- Required work -
Repeat the material below. Keep every line exactly as written.

- Given records -

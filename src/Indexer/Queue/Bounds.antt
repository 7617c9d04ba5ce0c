-- ===== src/Indexer/Queue/Bounds.antt =====
-- The memory bound of BoundedEventQueue.ts, and its wake-ups.
use audio_block_backend.Base.{
  ℕ, suc, ◌≤◌, ◌<◌, min, ◌≡◌, ◌⊎◌, inl, inr, some, List, [], ◌∷◌, ◌++◌, arith, List-cases, length,
  length-append, drop, length-drop,
}
use audio_block_backend.Indexer.Queue.{
  Queue, make, try_enqueue, enqueue, resume, dequeue_batch, drain, clear,
}

module _ {ℓ} {A : Type ℓ} where
  -- At most `max_size` items are held, and nobody sleeps while there is space.
  pub record IsSound (q : Queue A) : Type ℓ where
    pub positive : 0 < q.max_size
    pub bounded : length q.items ≤ q.max_size
    pub awake : (q.waiters ≡ []) ⊎ (q.max_size ≤ length q.items)

  pub data Step : Queue A → Queue A → Type ℓ where
    tries : (a : A) (q : Queue A) → Step q (try_enqueue a q).0
    waits : (a : A) (q : Queue A) → Step q (enqueue a q)
    resumes : (q : Queue A) → Step q (resume q)
    takes : (n : ℕ) (q : Queue A) → Step q (dequeue_batch n q).1
    drains : (q : Queue A) → Step q (drain q).1
    wipes : (q : Queue A) → Step q (clear q)

  pub data Reach (q : Queue A) : Queue A → Type ℓ where
    here : Reach q q
    next : {r s : Queue A} → Reach q r → Step r s → Reach q s

  pub make-IsSound : (n : ℕ) {q : Queue A} → make n ≡ some q → IsSound q
  unfolding make
  make-IsSound ℕ.zero e = ground arith
  make-IsSound (suc n) e = ground arith

  pub try_enqueue-IsSound : (a : A) (q : Queue A) → IsSound q → IsSound (try_enqueue a q).0
  unfolding try_enqueue
  try_enqueue-IsSound a q v = ground (arith, length-append q.items (a ∷ []))

  pub enqueue-IsSound : (a : A) (q : Queue A) → IsSound q → IsSound (enqueue a q)
  unfolding enqueue
  enqueue-IsSound a q v = ground (arith, length-append q.items (a ∷ []))

  pub resume-IsSound : (q : Queue A) → IsSound q → IsSound (resume q)
  unfolding resume
  resume-IsSound q v = elim (List-cases q.woken) [
    | inl e ↦ rw (e, resume) v
    | inr (a, rest, e) ↦
        rw (e, resume)
          (enqueue-IsSound a (record q { woken = rest })
            (record { positive = v.positive; bounded = v.bounded; awake = v.awake }))
  ]

  pub dequeue_batch-IsSound : (n : ℕ) (q : Queue A) → IsSound q → IsSound (dequeue_batch n q).1
  unfolding dequeue_batch
  dequeue_batch-IsSound n q v = ground (arith, length-drop (min n (length q.items)) q.items)

  pub clear-IsSound : (q : Queue A) → IsSound q → IsSound (clear q)
  unfolding clear
  clear-IsSound q v = ground arith

  Step-IsSound : {q r : Queue A} → Step q r → IsSound q → IsSound r
  Step-IsSound (tries a q) v = try_enqueue-IsSound a q v
  Step-IsSound (waits a q) v = enqueue-IsSound a q v
  Step-IsSound (resumes q) v = resume-IsSound q v
  Step-IsSound (takes n q) v = dequeue_batch-IsSound n q v
  Step-IsSound (drains q) v = unfold drain in dequeue_batch-IsSound (length q.items) q v
  Step-IsSound (wipes q) v = clear-IsSound q v

  Reach-IsSound : {q r : Queue A} → Reach q r → IsSound q → IsSound r
  Reach-IsSound here v = v
  Reach-IsSound (next h s) v = Step-IsSound s (Reach-IsSound h v)

  -- From the constructor on, whatever the producers and the consumer do in whatever order, at most
  -- `max_size` items are held, and no producer is suspended while there is space.
  pub queue_bounded : (n : ℕ) {q r : Queue A} → make n ≡ some q → Reach q r → IsSound r
  queue_bounded n e h = Reach-IsSound h (make-IsSound n e)

  -- From a queue within its bounds on which producers are suspended and none is about to resume, a
  -- batch of a positive size wakes every one of them, and the oldest then gets its item in, behind
  -- what is left.
  pub dequeue_batch_unblocks :
      (n : ℕ) (q : Queue A) (a : A) (ws : List A)
      → IsSound q
      → 0 < n
      → q.waiters ≡ a ∷ ws
      → q.woken ≡ []
      → let r = resume (dequeue_batch n q).1 in
        (r.items ≡ drop (min n (length q.items)) q.items ++ a ∷ [])
        × (r.waiters ≡ [])
        × (r.woken ≡ ws)
  unfolding resume dequeue_batch
  dequeue_batch_unblocks n q a ws v pos e f =
      ground (arith, length-drop (min n (length q.items)) q.items)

- Answer for this exercise -
filename src/Indexer/Queue/Bounds.antt
repository 7617c9d04ba5ce0c
-- ===== src/Indexer/Queue/Bounds.antt =====
-- The memory bound of BoundedEventQueue.ts, and its wake-ups.
use audio_block_backend.Base.{
  ℕ, suc, ◌≤◌, ◌<◌, min, ◌≡◌, ◌⊎◌, inl, inr, some, List, [], ◌∷◌, ◌++◌, arith, List-cases, length,
  length-append, drop, length-drop,
}
use audio_block_backend.Indexer.Queue.{
  Queue, make, try_enqueue, enqueue, resume, dequeue_batch, drain, clear,
}

module _ {ℓ} {A : Type ℓ} where
  -- At most `max_size` items are held, and nobody sleeps while there is space.
  pub record IsSound (q : Queue A) : Type ℓ where
    pub positive : 0 < q.max_size
    pub bounded : length q.items ≤ q.max_size
    pub awake : (q.waiters ≡ []) ⊎ (q.max_size ≤ length q.items)

  pub data Step : Queue A → Queue A → Type ℓ where
    tries : (a : A) (q : Queue A) → Step q (try_enqueue a q).0
    waits : (a : A) (q : Queue A) → Step q (enqueue a q)
    resumes : (q : Queue A) → Step q (resume q)
    takes : (n : ℕ) (q : Queue A) → Step q (dequeue_batch n q).1
    drains : (q : Queue A) → Step q (drain q).1
    wipes : (q : Queue A) → Step q (clear q)

  pub data Reach (q : Queue A) : Queue A → Type ℓ where
    here : Reach q q
    next : {r s : Queue A} → Reach q r → Step r s → Reach q s

  pub make-IsSound : (n : ℕ) {q : Queue A} → make n ≡ some q → IsSound q
  unfolding make
  make-IsSound ℕ.zero e = ground arith
  make-IsSound (suc n) e = ground arith

  pub try_enqueue-IsSound : (a : A) (q : Queue A) → IsSound q → IsSound (try_enqueue a q).0
  unfolding try_enqueue
  try_enqueue-IsSound a q v = ground (arith, length-append q.items (a ∷ []))

  pub enqueue-IsSound : (a : A) (q : Queue A) → IsSound q → IsSound (enqueue a q)
  unfolding enqueue
  enqueue-IsSound a q v = ground (arith, length-append q.items (a ∷ []))

  pub resume-IsSound : (q : Queue A) → IsSound q → IsSound (resume q)
  unfolding resume
  resume-IsSound q v = elim (List-cases q.woken) [
    | inl e ↦ rw (e, resume) v
    | inr (a, rest, e) ↦
        rw (e, resume)
          (enqueue-IsSound a (record q { woken = rest })
            (record { positive = v.positive; bounded = v.bounded; awake = v.awake }))
  ]

  pub dequeue_batch-IsSound : (n : ℕ) (q : Queue A) → IsSound q → IsSound (dequeue_batch n q).1
  unfolding dequeue_batch
  dequeue_batch-IsSound n q v = ground (arith, length-drop (min n (length q.items)) q.items)

  pub clear-IsSound : (q : Queue A) → IsSound q → IsSound (clear q)
  unfolding clear
  clear-IsSound q v = ground arith

  Step-IsSound : {q r : Queue A} → Step q r → IsSound q → IsSound r
  Step-IsSound (tries a q) v = try_enqueue-IsSound a q v
  Step-IsSound (waits a q) v = enqueue-IsSound a q v
  Step-IsSound (resumes q) v = resume-IsSound q v
  Step-IsSound (takes n q) v = dequeue_batch-IsSound n q v
  Step-IsSound (drains q) v = unfold drain in dequeue_batch-IsSound (length q.items) q v
  Step-IsSound (wipes q) v = clear-IsSound q v

  Reach-IsSound : {q r : Queue A} → Reach q r → IsSound q → IsSound r
  Reach-IsSound here v = v
  Reach-IsSound (next h s) v = Step-IsSound s (Reach-IsSound h v)

  -- From the constructor on, whatever the producers and the consumer do in whatever order, at most
  -- `max_size` items are held, and no producer is suspended while there is space.
  pub queue_bounded : (n : ℕ) {q r : Queue A} → make n ≡ some q → Reach q r → IsSound r
  queue_bounded n e h = Reach-IsSound h (make-IsSound n e)

  -- From a queue within its bounds on which producers are suspended and none is about to resume, a
  -- batch of a positive size wakes every one of them, and the oldest then gets its item in, behind
  -- what is left.
  pub dequeue_batch_unblocks :
      (n : ℕ) (q : Queue A) (a : A) (ws : List A)
      → IsSound q
      → 0 < n
      → q.waiters ≡ a ∷ ws
      → q.woken ≡ []
      → let r = resume (dequeue_batch n q).1 in
        (r.items ≡ drop (min n (length q.items)) q.items ++ a ∷ [])
        × (r.waiters ≡ [])
        × (r.woken ≡ ws)
  unfolding resume dequeue_batch
  dequeue_batch_unblocks n q a ws v pos e f =
      ground (arith, length-drop (min n (length q.items)) q.items)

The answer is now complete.